Während der Flüchtlingskrise waren im Jahr 2016 Nachrichten über Menschen, die bei der Flucht von Afrika aus über das Mittelmeer nach Europa ertranken, an der Tagesordnung. Mit der NGO „Jugend rettet“ hatten sich junge Menschen in Berlin zusammengeschlossen, die durch ein Crowdfunding den Erwerb und Umbau des 50 Jahre alten Fischereischiffs Iuventa finanzierten. Mit dem brachen sie ins Mittelmeer auf, um gezielt Menschen aus lebensbedrohlichen Notlagen zu retten. Vor allem das von Flüchtlingen oft angesteuerte Italien wollte die unorganisierten Flüchtlingsmassen abschrecken beziehungsweise zum Versuch einer geregelten Einreise in andere europäische Länder über eine Landroute lenken. Daher erhob man 2017 Anklage wegen „Beihilfe zur illegalen Einwanderung“ und konfiszierte das Schiff.
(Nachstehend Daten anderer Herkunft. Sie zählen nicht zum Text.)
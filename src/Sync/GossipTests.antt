-- ===== src/Sync/GossipTests.antt =====
-- runtime/pullrun-sync/src/gossip.rs: one peer, whose filter has the item 3.
use pullrun.Base.{◌≡◌, refl, true, some, [], ◌∷◌, arith}
use pullrun.Base.Words.{Bytes}
use pullrun.Base.Map
use pullrun.Base.Map.{Map, string_eq}
use pullrun.Sync.Bloom.{
  BloomFilter, contains, to_bytes, from_bytes, to_le, from_le, hash_seed, contains_loop, g_i,
  read_word, words_to_bytes, words_from_bytes, parse_filter,
}
use pullrun.Sync.Gossip.{PeerBloomInfo, Cache, update, find_peers_with_blob, may_have}
use pullrun.Sync.Gossip.Fresh.{IsKeyed}

abbrev identity : Bytes → Bytes
identity b = b

abbrev filter : BloomFilter
filter = record { bits = 4608 ∷ 0 ∷ []; k = 2; m = 128; num_items = 1 }

-- `to_bytes filter`
abbrev filter_bytes : Bytes
filter_bytes =
    128 ∷ 0 ∷ 0 ∷ 0 ∷ 0 ∷ 0 ∷ 0 ∷ 0 ∷ 2 ∷ 0 ∷ 0 ∷ 0 ∷ 0 ∷ 18 ∷ 0 ∷ 0 ∷ 0 ∷ 0 ∷ 0 ∷ 0 ∷ 0 ∷ 0 ∷ 0 ∷ 0
    ∷ 0 ∷ 0 ∷ 0 ∷ 0 ∷ []

filter-written : filter_bytes ≡ to_bytes filter
unfolding to_bytes words_to_bytes to_le
filter-written = refl

abbrev old : PeerBloomInfo
old = record {
  node_id = "n1";
  sync_addr = "10.0.0.1:1";
  bloom_bytes = [];
  bloom_k = 0;
  bloom_m = 0;
  last_updated = 0;
}

abbrev info : PeerBloomInfo
info = record {
  node_id = "n1";
  sync_addr = "10.0.0.2:1";
  bloom_bytes = filter_bytes;
  bloom_k = 2;
  bloom_m = 128;
  last_updated = 900000000000;
}

abbrev cache : Cache
cache = ("n1", old) ∷ []

cache-IsKeyed : IsKeyed cache
unfolding Map.get
cache-IsKeyed k i e = ground (arith, string_eq.beq_iff "n1" k)

has-three : contains identity filter (3 ∷ []) ≡ some true
unfolding contains contains_loop hash_seed to_le from_le g_i read_word
has-three = refl

named :
    find_peers_with_blob identity 900000000001 (3 ∷ []) (update "n1" "10.0.0.2:1" info cache)
    ≡ some (("n1", "10.0.0.2:1") ∷ [])
unfolding find_peers_with_blob may_have update Map.get Map.put from_bytes parse_filter
    words_from_bytes contains contains_loop hash_seed to_le from_le g_i read_word
named = refl
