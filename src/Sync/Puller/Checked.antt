-- ===== src/Sync/Puller/Checked.antt =====
-- runtime/pullrun-sync/src/sync_puller.rs: what a pull takes from its peers.
use pullrun.Base.{
  ◌≡◌, ◌⊎◌, refl, sym, ap, ◌∙◌, inl, inr, true, false, Option, none, some, List, [], ◌∷◌,
  Bool-cases, Option-cases, some-inj,
}
use pullrun.Base.Words.{Bytes}
use pullrun.Base.Text.{eq_bytes, eq_bytes_sound}
use pullrun.Store.Digest.{Digest, from_hex}
use pullrun.Sync.Puller.{
  Stream, ended, broken, stalled, message, Waited, gives, hangs, try_fetch_from_peer, peer, Local,
  read_local, try_peers, from_registry, fetch_blob_with_sync,
}

-- A stream that comes to an end, to an error or to a final chunk.
abbrev pub Ends : Stream → Type 0
Ends ended = Unit
Ends broken = Unit
Ends stalled = ⊥
Ends (message chunk rest) = (chunk.is_final ≡ true) ⊎ Ends rest

-- A candidate that cannot be reached, or whose stream ends.
abbrev pub Answers : Option Stream → Type 0
Answers none = Unit
Answers (some stream) = Ends stream

Waited-cases :
    (w : Waited (Option Bytes))
    → (w ≡ hangs) ⊎ ((w ≡ gives none) ⊎ ((x : Bytes) × (w ≡ gives (some x))))
Waited-cases hangs = inl refl
Waited-cases (gives none) = inr (inl refl)
Waited-cases (gives (some x)) = inr (inr (x, refl))

gives-inj : {A : Type 0} {x y : A} → gives x ≡ gives y → x ≡ y
gives-inj h = cc

module _ (sha256 : Bytes → Bytes) where
  try_peers-verified :
      (d : Digest) (ps : List (Option Stream)) (body : Bytes)
      → try_peers sha256 d ps ≡ gives (some body)
      → sha256 body ≡ d
  unfolding try_peers
  try_peers-verified d [] body e = cc
  try_peers-verified d (p ∷ ps) body e = elim (Waited-cases (try_fetch_from_peer p)) [
    | inl n ↦ cc (rw n at e)
    | inr (inl n) ↦ try_peers-verified d ps body (rw n at e)
    | inr (inr (x, s)) ↦ elim (Bool-cases (eq_bytes (sha256 x) d)) [
      | inl y ↦
          ap sha256 (sym (some-inj (gives-inj (rw (s, y) at e)))) ∙ eq_bytes_sound (sha256 x) d y
      | inr n ↦ try_peers-verified d ps body (rw (s, n) at e)
    ]
  ]

  -- Bytes that a pull takes from a peer hash to the digest that was asked for, and are taken only where
  -- the local store does not give the blob: it has no node of that digest, or no blob file that
  -- can be read.
  pub fetch-peer_verified :
      (hex_decode : Bytes → Option Bytes) (digest : Bytes) (store : Local)
      (ps : List (Option Stream)) (answer : Option Bytes) (body : Bytes)
      → fetch_blob_with_sync sha256 hex_decode digest store ps answer ≡ gives (peer body)
      → (d : Digest) × (from_hex hex_decode digest ≡ some d)
        × (sha256 body ≡ d)
        × ((store.exists d ≡ false) ⊎ (store.get_blob d ≡ none))
  unfolding fetch_blob_with_sync read_local
  fetch-peer_verified hex_decode digest store ps answer body e =
      elim (Option-cases (from_hex hex_decode digest)) [
        | inl n ↦ cc (rw n at e)
        | inr (d, h) ↦ elim (Option-cases (read_local store d)) [
          | inr (x, l) ↦ cc (rw (h, l) at e)
          | inl l ↦ elim (Waited-cases (try_peers sha256 d ps)) [
            | inl n ↦ cc (rw (h, l, n) at e)
            | inr (inl n) ↦ no_peer answer (gives-inj (rw (h, l, n) at e))
            | inr (inr (x, s)) ↦ (
              d,
              h,
              try_peers-verified d ps body
                  (s ∙ ap (λ b. gives (some b)) (peer-inj (gives-inj (rw (h, l, s) at e)))),
              absent d l,
            )
          ]
        ]
      ]
    where
      peer-inj : {x y : Bytes} → peer x ≡ peer y → x ≡ y
      peer-inj q = cc

      no_peer : {A : Type 0} (a : Option Bytes) → from_registry sha256 a ≡ peer body → A
      no_peer none q = cc
      no_peer (some x) q = cc

      absent :
          (d : Digest)
          → read_local store d ≡ none
          → (store.exists d ≡ false) ⊎ (store.get_blob d ≡ none)
      absent d l = elim (Bool-cases (store.exists d)) [ inl y ↦ inr (rw y at l) | inr n ↦ inl n ]
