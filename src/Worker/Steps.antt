-- ===== src/Worker/Steps.antt =====
-- The goroutines of a connection as steps, and the chunks on their way.
use agent_gpu.Prelude.{Bool, Option, none, some, List, [], ◌∷◌, ◌++◌, to_list}
use agent_gpu.Types.{Job, JobChunk, Model}
use agent_gpu.Worker.{
  Capacity, Executor, chunks_of, ServerMessage, dispatches, Sent, chunk, Loop, looping, returned,
  Serving, receive, send_heartbeat, take_job, emit, forward, pull, unload, stop, drop_stream,
}

-- What one of the goroutines does, with what it is told from outside.
pub data Event : Type 0 where
  receives : ServerMessage → Event
  beats : Bool → Option (List Model) → Option Capacity → Event
  takes_job emits unloads : Event
  forwards : Bool → Event
  pulls : Bool → Option (List Model) → Event
  stops : Bool → Event
  drops : Event

-- A step that is not enabled gives `none`; none is when the connection is over.
unfoldable pub enabled : Executor → Event → Serving → Option Serving
enabled execute (receives m) w = receive m w
enabled execute (beats delivered listed detected) w =
    some (send_heartbeat delivered listed detected w)
enabled execute takes_job w = take_job execute w
enabled execute emits w = emit w
enabled execute (forwards delivered) w = forward delivered w
enabled execute unloads w = unload w
enabled execute (pulls pulled listed) w = pull pulled listed w
enabled execute (stops delivered) w = some (stop delivered w)
enabled execute drops w = some (drop_stream w)

abbrev pub while_looping : Loop → Option Serving → Option Serving
while_looping looping o = o
while_looping (returned c) o = none

unfoldable pub step : Executor → Event → Serving → Option Serving
step execute e w = while_looping w.loop (enabled execute e w)

abbrev pub and_then {ℓ} : {A : Type ℓ} → Option A → (A → Option A) → Option A
and_then none f = none
and_then (some a) f = f a

unfoldable pub run : Executor → List Event → Serving → Option Serving
run execute [] w = some w
run execute (e ∷ events) w = and_then (step execute e w) (run execute events)

-- The jobs that were received.
abbrev pub received : List Event → List Job
received [] = []
received (receives (dispatches job) ∷ events) = job ∷ received events
received (_ ∷ events) = received events

-- The chunks of jobs, one job after the other, and the chunks among what was sent.
abbrev pub plan : Executor → List Job → List JobChunk
plan execute [] = []
plan execute (job ∷ jobs) = chunks_of execute job ++ plan execute jobs

abbrev pub sent_chunks : List Sent → List JobChunk
sent_chunks [] = []
sent_chunks (chunk c ∷ sent) = c ∷ sent_chunks sent
sent_chunks (_ ∷ sent) = sent_chunks sent

abbrev pub left_of : Option (List JobChunk) → List JobChunk
left_of none = []
left_of (some left) = left

-- The chunk that was taken from the channel and not sent, when the loop has returned on it.
abbrev pub unsent : Loop → List JobChunk
unsent looping = []
unsent (returned c) = to_list c

-- What was sent and what is on the way, in order.
abbrev pub accounted : Executor → Serving → List JobChunk
accounted execute w =
    sent_chunks w.sent
    ++ (unsent w.loop ++ (w.chunks ++ (left_of w.running ++ plan execute w.jobs)))
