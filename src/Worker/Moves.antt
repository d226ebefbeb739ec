-- ===== src/Worker/Moves.antt =====
-- What each step does to the chunks on their way.
use agent_gpu.Prelude.{
  append_assoc, append_nil, ◌≡◌, refl, sym, ap, ◌∙◌, subst, ltb, String, Bool, true, false, Option,
  none, some, List, [], ◌∷◌, ◌++◌, length, Bool-cases, inl, inr,
}
use agent_gpu.Types.{Job, JobChunk, Model}
use agent_gpu.Worker.{
  Capacity, Executor, chunks_of, ServerMessage, dispatches, pull_model, unload_model, other, Sent,
  heartbeat, chunk, deregister, looping, returned, Serving, receive, refresh_models,
  detect_capacity, send, heartbeat_of, send_heartbeat, take_job, emit, forward, pull, unload, stop,
  drop_stream,
}
use agent_gpu.Worker.Steps.{
  Event, receives, beats, takes_job, emits, forwards, unloads, pulls, stops, drops, enabled,
  received, plan, sent_chunks, left_of, unsent, accounted,
}

sent_chunks-append : (xs ys : List Sent) → sent_chunks (xs ++ ys) ≡ sent_chunks xs ++ sent_chunks ys
sent_chunks-append [] ys = refl
sent_chunks-append (chunk c ∷ xs) ys = ap (λ r. c ∷ r) (sent_chunks-append xs ys)
sent_chunks-append (heartbeat h ∷ xs) ys = sent_chunks-append xs ys
sent_chunks-append (deregister i ∷ xs) ys = sent_chunks-append xs ys

plan-append :
    (execute : Executor) (xs ys : List Job)
    → plan execute (xs ++ ys) ≡ plan execute xs ++ plan execute ys
plan-append execute [] ys = refl
plan-append execute (x ∷ xs) ys =
    ap (λ r. chunks_of execute x ++ r) (plan-append execute xs ys)
    ∙ sym (append_assoc (chunks_of execute x) (plan execute xs) (plan execute ys))

-- What a step that is enabled leaves on its way.
abbrev pub Accounts : Executor → Option Serving → List JobChunk → Type 0
Accounts execute none expected = Unit {0}
Accounts execute (some w) expected = accounted execute w ≡ expected

module _ (execute : Executor) where
  -- A message that is not a chunk adds nothing.
  send_other :
      (m : Sent) (w : Serving)
      → sent_chunks (m ∷ []) ≡ []
      → accounted execute (send m w) ≡ accounted execute w
  unfolding send
  send_other m w e =
      ap (λ s. s ++ (unsent w.loop ++ (w.chunks ++ (left_of w.running ++ plan execute w.jobs))))
        (sent_chunks-append w.sent (m ∷ [])
          ∙ ap (λ r. sent_chunks w.sent ++ r) e
          ∙ append_nil (sent_chunks w.sent))

  -- A return of the loop that takes no chunk with it.
  returned_lem :
      (w : Serving)
      → w.loop ≡ looping
      → accounted execute (record w { loop = returned none }) ≡ accounted execute w
  returned_lem w alive =
      ap
        (λ l.
          sent_chunks w.sent
          ++ (unsent l ++ (w.chunks ++ (left_of w.running ++ plan execute w.jobs))))
        (sym alive)

  forward-Accounts :
      (delivered : Bool) (cs : List JobChunk) (w : Serving)
      → let before = record w { chunks = cs; loop = looping } in
        Accounts execute (forward delivered before) (accounted execute before)
  unfolding forward send
  forward-Accounts delivered [] w = tt
  forward-Accounts false (c ∷ cs) w = refl
  forward-Accounts true (c ∷ cs) w =
      let behind = cs ++ (left_of w.running ++ plan execute w.jobs) in
      ap (λ s. s ++ behind) (sent_chunks-append w.sent (chunk c ∷ []))
      ∙ append_assoc (sent_chunks w.sent) (c ∷ []) behind

  emit-Accounts :
      (running : Option (List JobChunk)) (w : Serving)
      → let before = record w { running = running } in
        Accounts execute (emit before) (accounted execute before)
  unfolding emit
  emit-Accounts none w = tt
  emit-Accounts (some []) w = refl
  emit-Accounts (some (c ∷ left)) w = elim (Bool-cases (ltb (length w.chunks) 64)) [
    | inl e ↦ rw e (
        ap (λ r. sent_chunks w.sent ++ (unsent w.loop ++ r))
          (append_assoc w.chunks (c ∷ []) (left ++ plan execute w.jobs)))
    | inr e ↦ rw e tt
  ]

  take_job-Accounts :
      (running : Option (List JobChunk)) (jobs : List Job) (w : Serving)
      → let before = record w { running = running; jobs = jobs } in
        Accounts execute (take_job execute before) (accounted execute before)
  unfolding take_job
  take_job-Accounts (some left) jobs w = tt
  take_job-Accounts none [] w = tt
  take_job-Accounts none (job ∷ jobs) w = refl

  pub nothing_new : (w : Serving) → accounted execute w ≡ accounted execute w ++ plan execute []
  nothing_new w = sym (append_nil (accounted execute w))

  receive-Accounts :
      (m : ServerMessage) (w : Serving)
      → Accounts execute
          (receive m w)
          (accounted execute w ++ plan execute (received (receives m ∷ [])))
  unfolding receive
  receive-Accounts other w = nothing_new w
  receive-Accounts (pull_model m) w = elim (Bool-cases (ltb (length w.pulls) 8)) [
    | inl e ↦ rw e (nothing_new w)
    | inr e ↦ rw e tt
  ]
  receive-Accounts (unload_model m) w = elim (Bool-cases (ltb (length w.unloads) 8)) [
    | inl e ↦ rw e (nothing_new w)
    | inr e ↦ rw e tt
  ]
  receive-Accounts (dispatches job) w =
      let left = left_of w.running in
      let new = plan execute (job ∷ []) in
      elim (Bool-cases (ltb (length w.jobs) 8)) [
        | inl e ↦ rw e (
            ap (λ r. sent_chunks w.sent ++ (unsent w.loop ++ (w.chunks ++ (left ++ r))))
              (plan-append execute w.jobs (job ∷ []))
            ∙ ap (λ r. sent_chunks w.sent ++ (unsent w.loop ++ (w.chunks ++ r)))
                (sym (append_assoc left (plan execute w.jobs) new))
            ∙ ap (λ r. sent_chunks w.sent ++ (unsent w.loop ++ r))
                (sym (append_assoc w.chunks (left ++ plan execute w.jobs) new))
            ∙ ap (λ r. sent_chunks w.sent ++ r)
                (sym (append_assoc (unsent w.loop) (w.chunks ++ (left ++ plan execute w.jobs)) new))
            ∙ sym (
                append_assoc (sent_chunks w.sent)
                  (unsent w.loop ++ (w.chunks ++ (left ++ plan execute w.jobs))) new))
        | inr e ↦ rw e tt
      ]

  -- A step that receives nothing.
  adds_nothing :
      (o : Option Serving) (w : Serving)
      → Accounts execute o (accounted execute w)
      → Accounts execute o (accounted execute w ++ plan execute [])
  adds_nothing none w h = tt
  adds_nothing (some w') w h = h ∙ nothing_new w

  refreshed_lem :
      (listed : Option (List Model)) (w : Serving)
      → accounted execute (refresh_models listed w) ≡ accounted execute w
  unfolding refresh_models
  refreshed_lem none w = refl
  refreshed_lem (some models) w = refl

  detected_lem :
      (detected : Option Capacity) (w : Serving)
      → accounted execute (detect_capacity detected false w) ≡ accounted execute w
  unfolding detect_capacity
  detected_lem none w = refl
  detected_lem (some cap) w = refl

  refreshed_loop :
      (listed : Option (List Model)) (w : Serving) → (refresh_models listed w).loop ≡ w.loop
  unfolding refresh_models
  refreshed_loop none w = refl
  refreshed_loop (some models) w = refl

  detected_loop :
      (detected : Option Capacity) (w : Serving) → (detect_capacity detected false w).loop ≡ w.loop
  unfolding detect_capacity
  detected_loop none w = refl
  detected_loop (some cap) w = refl

  send_heartbeat-accounted :
      (delivered : Bool) (listed : Option (List Model)) (detected : Option Capacity) (w : Serving)
      → w.loop ≡ looping
      → accounted execute (send_heartbeat delivered listed detected w) ≡ accounted execute w
  unfolding send_heartbeat
  send_heartbeat-accounted true listed detected w alive =
      let ready = detect_capacity detected false (refresh_models listed w) in
      send_other (heartbeat (heartbeat_of ready)) ready refl
      ∙ detected_lem detected (refresh_models listed w)
      ∙ refreshed_lem listed w
  send_heartbeat-accounted false listed detected w alive =
      returned_lem (detect_capacity detected false (refresh_models listed w))
        (detected_loop detected (refresh_models listed w) ∙ refreshed_loop listed w ∙ alive)
      ∙ detected_lem detected (refresh_models listed w)
      ∙ refreshed_lem listed w

  unload-Accounts :
      (names : List String) (w : Serving)
      → let before = record w { unloads = names } in
        Accounts execute (unload before) (accounted execute before)
  unfolding unload
  unload-Accounts [] w = tt
  unload-Accounts (m ∷ names) w = refl

  pull-Accounts :
      (pulled : Bool) (listed : Option (List Model)) (names : List String) (w : Serving)
      → let before = record w { pulls = names } in
        Accounts execute (pull pulled listed before) (accounted execute before)
  unfolding pull
  pull-Accounts pulled listed [] w = tt
  pull-Accounts true listed (m ∷ names) w = refreshed_lem listed (record w { pulls = names })
  pull-Accounts false listed (m ∷ names) w = refl

  stop-accounted :
      (delivered : Bool) (w : Serving)
      → w.loop ≡ looping
      → accounted execute (stop delivered w) ≡ accounted execute w
  unfolding stop send
  stop-accounted true w alive =
      returned_lem (send (deregister w.worker_id) w) alive
      ∙ send_other (deregister w.worker_id) w refl
  stop-accounted false w alive = returned_lem w alive

  pub enabled-Accounts :
      (e : Event) (w : Serving)
      → w.loop ≡ looping
      → Accounts execute
          (enabled execute e w)
          (accounted execute w ++ plan execute (received (e ∷ [])))
  unfolding enabled
  enabled-Accounts (receives m) w alive = receive-Accounts m w
  enabled-Accounts (beats delivered listed detected) w alive =
      send_heartbeat-accounted delivered listed detected w alive ∙ nothing_new w
  enabled-Accounts takes_job w alive = adds_nothing _ w (take_job-Accounts w.running w.jobs w)
  enabled-Accounts emits w alive = adds_nothing _ w (emit-Accounts w.running w)
  enabled-Accounts (forwards delivered) w alive = adds_nothing _ w (
      subst
        (λ l.
          let before = record w { loop = l } in
          Accounts execute (forward delivered before) (accounted execute before))
        (sym alive) (forward-Accounts delivered w.chunks w))
  enabled-Accounts unloads w alive = adds_nothing _ w (unload-Accounts w.unloads w)
  enabled-Accounts (pulls pulled listed) w alive =
      adds_nothing _ w (pull-Accounts pulled listed w.pulls w)
  enabled-Accounts (stops delivered) w alive = stop-accounted delivered w alive ∙ nothing_new w
  enabled-Accounts drops w alive = unfold drop_stream in returned_lem w alive ∙ nothing_new w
Das macht bereits deutlich, dass die Mission der Iuventa , die als gemeinsame Hilfe gegen die Not und unnötigen Tod begonnen hatte, auf ein überraschendes Verständnis von Recht und Gerechtigkeit traf. Der Filmtitel „23 000 Leben“ hingegen steht für die ungeheure Wirkung ihrer Arbeit.
Markus Goller fungierte als Regisseur und inszenierte ein Drehbuch, das Oliver Ziegenbalg in Zusammenarbeit mit Michele Cinque erstellt hat. Für die Produktion zeichneten die Produzenten Christopher Zwickler mit Flute Film sowie Markus Goller und Oliver Ziegenbalg mit ihrer Sunnysideup Filmproduktion verantwortlich. Creative Producer ist Michele Cinque mit Lazy Film aus Italien.